After France and European Union decisions to pull peacekeepers, Power expected the situation to get worse.
France had sent 2,000 troops to its former colony.
“That’s a big drop-off in capability,” she said.
The UN peacekeeping force remains at about 80 percent of its planned strength of about 10,000, Power said.
The UN secretary-general last month asked for more than 1,000 additional peacekeepers, and Power said the council is “very favorably disposed” to the request.
She added that the combined forces have “averted a worst-case scenario,” but the country’s roving armed groups remain armed.
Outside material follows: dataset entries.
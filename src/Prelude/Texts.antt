-- ===== src/Prelude/Texts.antt =====
-- The standard library's `trim` and its white space, on lists of characters of any kind.
use Prim.Native.Char.{code}
use Prim.Native.Nat.{ℕ}
use Prim.Native.String.{String}
use mathlib.Core.Bool.{Bool, true, false, ◌&&◌, ◌||◌}
use mathlib.Core.List.{List, [], ◌∷◌}
use kaleidoscope.Prelude.Tests.{leb, nat_beq, if◌then◌else◌}

abbrev pub is_nil {ℓ} : {A : Type ℓ} → List A → Bool
is_nil [] = true
is_nil (c ∷ cs) = false

-- `char::is_whitespace`: the property White_Space of Unicode.
unfoldable pub is_whitespace : ℕ → Bool
is_whitespace c =
    (leb 9 c && leb c 13)
    || nat_beq c 32
    || nat_beq c 0x85
    || nat_beq c 0xA0
    || nat_beq c 0x1680
    || (leb 0x2000 c && leb c 0x200A)
    || nat_beq c 0x2028
    || nat_beq c 0x2029
    || nat_beq c 0x202F
    || nat_beq c 0x205F
    || nat_beq c 0x3000

module _ {ℓ} {A : Type ℓ} (blank : A → Bool) where
  unfoldable pub trim_start : List A → List A
  trim_start [] = []
  trim_start (c ∷ cs) = if blank c then trim_start cs else c ∷ cs

  unfoldable pub trim_end : List A → List A
  trim_end [] = []
  trim_end (c ∷ cs) = let rest = trim_end cs in if blank c && is_nil rest then [] else c ∷ rest

  unfoldable pub trim : List A → List A
  unfolding trim_start trim_end
  trim cs = trim_end (trim_start cs)

-- The code points of a text.
abbrev pub codes : String → List ℕ
codes String.[] = []
codes (String.◌∷◌ c s) = code c ∷ codes s
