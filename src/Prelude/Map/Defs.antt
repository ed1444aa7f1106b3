-- ===== src/Prelude/Map/Defs.antt =====
-- Rust's `HashMap` and `BTreeMap` as an association list. The order of the entries stands for the
-- order in which the map is iterated.
use Prim.Native.Nat.{ℕ, ◌+◌}
use mathlib.Core.Path.{◌≡◌}
use mathlib.Core.Bool.{Bool, true, false}
use mathlib.Core.Option.{Option, none, some}
use mathlib.Core.List.{List, [], ◌∷◌, map}
use kaleidoscope.Prelude.Tests.{if◌then◌else◌}
use kaleidoscope.Prelude.Classes.{Key, ◌==◌}

abbrev pub Map {ℓ κ} : Type ℓ → Type κ → Type (ℓ ⊔ κ)
Map K V = List (K × V)

module _ {ℓ κ} {K : Type ℓ} {V : Type κ} ⦃e : Key K⦄ where
  -- `m.get(&k)`
  unfoldable pub get : Map K V → K → Option V
  get [] k = none
  get ((j, v) ∷ m) k = if j == k then some v else get m k

  -- `m.contains_key(&k)`
  unfoldable pub contains_key : Map K V → K → Bool
  contains_key [] k = false
  contains_key ((j, v) ∷ m) k = if j == k then true else contains_key m k

  -- `m.insert(k, v)`: the value of a present key is replaced in place.
  unfoldable pub insert : Map K V → K → V → Map K V
  insert [] k v = (k, v) ∷ []
  insert ((j, w) ∷ m) k v = if j == k then (j, v) ∷ m else (j, w) ∷ insert m k v

  -- `m.remove(&k)`, without the value that it returns.
  unfoldable pub remove : Map K V → K → Map K V
  remove [] k = []
  remove ((j, v) ∷ m) k = let rest = remove m k in if j == k then rest else (j, v) ∷ rest

  -- No key occurs twice: what holds of every Rust map.
  abbrev pub IsUnique : Map K V → Type 0
  IsUnique [] = Unit
  IsUnique ((k, v) ∷ m) = (contains_key m k ≡ false) × IsUnique m

module _ {ℓ κ} {K : Type ℓ} {V : Type κ} where
  -- The sum of a measure over the values.
  unfoldable pub sum_by : (V → ℕ) → Map K V → ℕ
  sum_by f [] = 0
  sum_by f ((k, v) ∷ m) = f v + sum_by f m

  unfoldable pub values : Map K V → List V
  values = map (λ p. p.1)

  unfoldable pub keys : Map K V → List K
  keys = map (λ p. p.0)
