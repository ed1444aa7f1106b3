-- ===== src/Prelude/Map/Laws.antt =====
-- What `get` and `contains_key` see after a write, and that writes keep keys unique.
use mathlib.Core.Path.{◌≡◌, refl}
use mathlib.Core.Bool.{true, false}
use mathlib.Core.Option.{none, some}
use mathlib.Core.List.{[], ◌∷◌}
use native.Mathlib.Omega.{arith}
use kaleidoscope.Prelude.Tests.{if◌then◌else◌}
use kaleidoscope.Prelude.Classes.{Key, ◌==◌}
use kaleidoscope.Prelude.Map.Defs.{Map, get, contains_key, insert, remove, IsUnique}

module _ {ℓ κ} {K : Type ℓ} {V : Type κ} ⦃e : Key K⦄ where
  pub get-insert :
      (m : Map K V) (k : K) (v : V) (j : K)
      → get (insert m k v) j ≡ (if k == j then some v else get m j)
  unfolding get insert
  get-insert [] k v j = refl
  get-insert ((i, w) ∷ m) k v j =
      ground (arith, e.same_iff i k, e.same_iff i j, e.same_iff k j, get-insert m k v j)

  pub get-remove : (m : Map K V) (k j : K) → get (remove m k) j ≡ (if k == j then none else get m j)
  unfolding get remove
  get-remove [] k j = ground arith
  get-remove ((i, w) ∷ m) k j =
      ground (arith, e.same_iff i k, e.same_iff i j, e.same_iff k j, get-remove m k j)

  pub contains_key-insert :
      (m : Map K V) (k : K) (v : V) (j : K)
      → contains_key (insert m k v) j ≡ (if k == j then true else contains_key m j)
  unfolding contains_key insert
  contains_key-insert [] k v j = refl
  contains_key-insert ((i, w) ∷ m) k v j =
      ground (arith, e.same_iff i k, e.same_iff i j, e.same_iff k j, contains_key-insert m k v j)

  pub contains_key-remove :
      (m : Map K V) (k j : K)
      → contains_key (remove m k) j ≡ (if k == j then false else contains_key m j)
  unfolding contains_key remove
  contains_key-remove [] k j = ground arith
  contains_key-remove ((i, w) ∷ m) k j =
      ground (arith, e.same_iff i k, e.same_iff i j, e.same_iff k j, contains_key-remove m k j)

  pub insert-IsUnique : (m : Map K V) (k : K) (v : V) → IsUnique m → IsUnique (insert m k v)
  unfolding insert contains_key
  insert-IsUnique [] k v h = (refl, tt)
  insert-IsUnique ((i, w) ∷ m) k v h = ground (
    arith,
    e.same_iff i k,
    e.same_iff k i,
    contains_key-insert m k v i,
    insert-IsUnique m k v h.1,
  )

  pub remove-IsUnique : (m : Map K V) (k : K) → IsUnique m → IsUnique (remove m k)
  unfolding remove
  remove-IsUnique [] k h = tt
  remove-IsUnique ((i, w) ∷ m) k h =
      ground (arith, contains_key-remove m k i, remove-IsUnique m k h.1)

  pub contains_key-get :
      (m : Map K V) (k : K) → contains_key m k ≡ elim (get m k) [ none ↦ false | some v ↦ true ]
  unfolding get contains_key
  contains_key-get [] k = refl
  contains_key-get ((i, w) ∷ m) k = ground (arith, contains_key-get m k)

  pub contains_key-true : (m : Map K V) (k : K) (v : V) → get m k ≡ some v → contains_key m k ≡ true
  contains_key-true m k v h = ground (arith, contains_key-get m k)

  pub contains_key-false : (m : Map K V) (k : K) → get m k ≡ none → contains_key m k ≡ false
  contains_key-false m k h = ground (arith, contains_key-get m k)

  pub get-none : (m : Map K V) (k : K) → contains_key m k ≡ false → get m k ≡ none
  get-none m k h = ground (arith, contains_key-get m k)

  -- A removal of an absent key changes nothing.
  pub remove-absent : (m : Map K V) (k : K) → contains_key m k ≡ false → remove m k ≡ m
  unfolding remove contains_key
  remove-absent [] k h = refl
  remove-absent ((i, w) ∷ m) k h = ground (arith, remove-absent m k)

pub ruleset map_laws = (get-insert, get-remove, contains_key-insert, contains_key-remove)
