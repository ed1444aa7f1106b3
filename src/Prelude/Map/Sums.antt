-- ===== src/Prelude/Map/Sums.antt =====
-- How a write changes the sum of a measure over a map's values.
use Prim.Native.Nat.{ℕ, ◌+◌, ◌≤◌}
use mathlib.Core.Path.{◌≡◌, refl}
use mathlib.Core.Option.{Option, none, some}
use mathlib.Core.List.{[], ◌∷◌}
use native.Mathlib.Omega.{arith}
use kaleidoscope.Prelude.Classes.{Key}
use kaleidoscope.Prelude.Map.Defs.{Map, get, insert, remove, IsUnique, sum_by}
use kaleidoscope.Prelude.Map.Laws.{remove-absent, get-none}

-- The measure of an entry that may be absent.
abbrev pub at_entry {κ} : {V : Type κ} → (V → ℕ) → Option V → ℕ
at_entry f none = 0
at_entry f (some v) = f v

module _ {ℓ κ} {K : Type ℓ} {V : Type κ} ⦃e : Key K⦄ (f : V → ℕ) where
  pub sum_by-insert :
      (m : Map K V) (k : K) (v : V)
      → sum_by f (insert m k v) + at_entry f (get m k) ≡ sum_by f m + f v
  unfolding sum_by insert get
  sum_by-insert [] k v = omega arith
  sum_by-insert ((i, w) ∷ m) k v = ground (arith, sum_by-insert m k v)

  pub sum_by-remove :
      (m : Map K V) (k : K) → IsUnique m → sum_by f (remove m k) + at_entry f (get m k) ≡ sum_by f m
  unfolding sum_by remove get
  sum_by-remove [] k h = omega arith
  sum_by-remove ((i, w) ∷ m) k h =
      ground (arith, e.same_iff i k, sum_by-remove m k h.1, remove-absent m k, get-none m k)

  pub at_entry-le-sum_by : (m : Map K V) (k : K) → at_entry f (get m k) ≤ sum_by f m
  unfolding sum_by get
  at_entry-le-sum_by [] k = omega arith
  at_entry-le-sum_by ((i, w) ∷ m) k = ground (arith, at_entry-le-sum_by m k)

  pub sum_by_zero :
      (m : Map K V) → IsUnique m → ((k : K) (v : V) → get m k ≡ some v → f v ≡ 0) → sum_by f m ≡ 0
  unfolding sum_by get
  sum_by_zero [] u h = refl
  sum_by_zero ((k, v) ∷ m) u h =
      let here : f v ≡ 0 = h k v (ground (arith, e.same_iff k k)) in
      let rest : sum_by f m ≡ 0 =
        sum_by_zero m u.1 λ j w p. h j w (ground (arith, p, e.same_iff k j, get-none m k u.0)) in
      omega (arith, here, rest)
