-- ===== src/Lockout.antt =====
-- hub/internal/lockout/lockout.go: the login lockout policy, its loading and validation, and the
-- transition of an account's lockout state after one failed credential check. Every function of the
-- package is pure; `error` is none for nil. A policy's integers are Go ints (int64).
pub mod Policy
pub mod State
mod Examples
CAR, a mineral-rich, landlocked country, descended into anarchy in March of 2013 when Seleka rebels ousted François Bozize, a Christian, who had come to power in the 2003 coup.
Over the past months, anti-balaka Christian militias have raided Muslim homes killing children and women and looting and vandalizing properties.
Along with killing, kidnapping, torture and arbitrary arrest and detention, in the war-torn CAR, a UN investigation found evidences of sexual violence.
According to the UN, more than one million have been internally displaced since the eruption of violence in December 2012.
Inter-religious violence has claimed thousands of lives and displaced a million people in the population of 4.6 million, yet such clashes are unprecedented in the poor, landlocked country.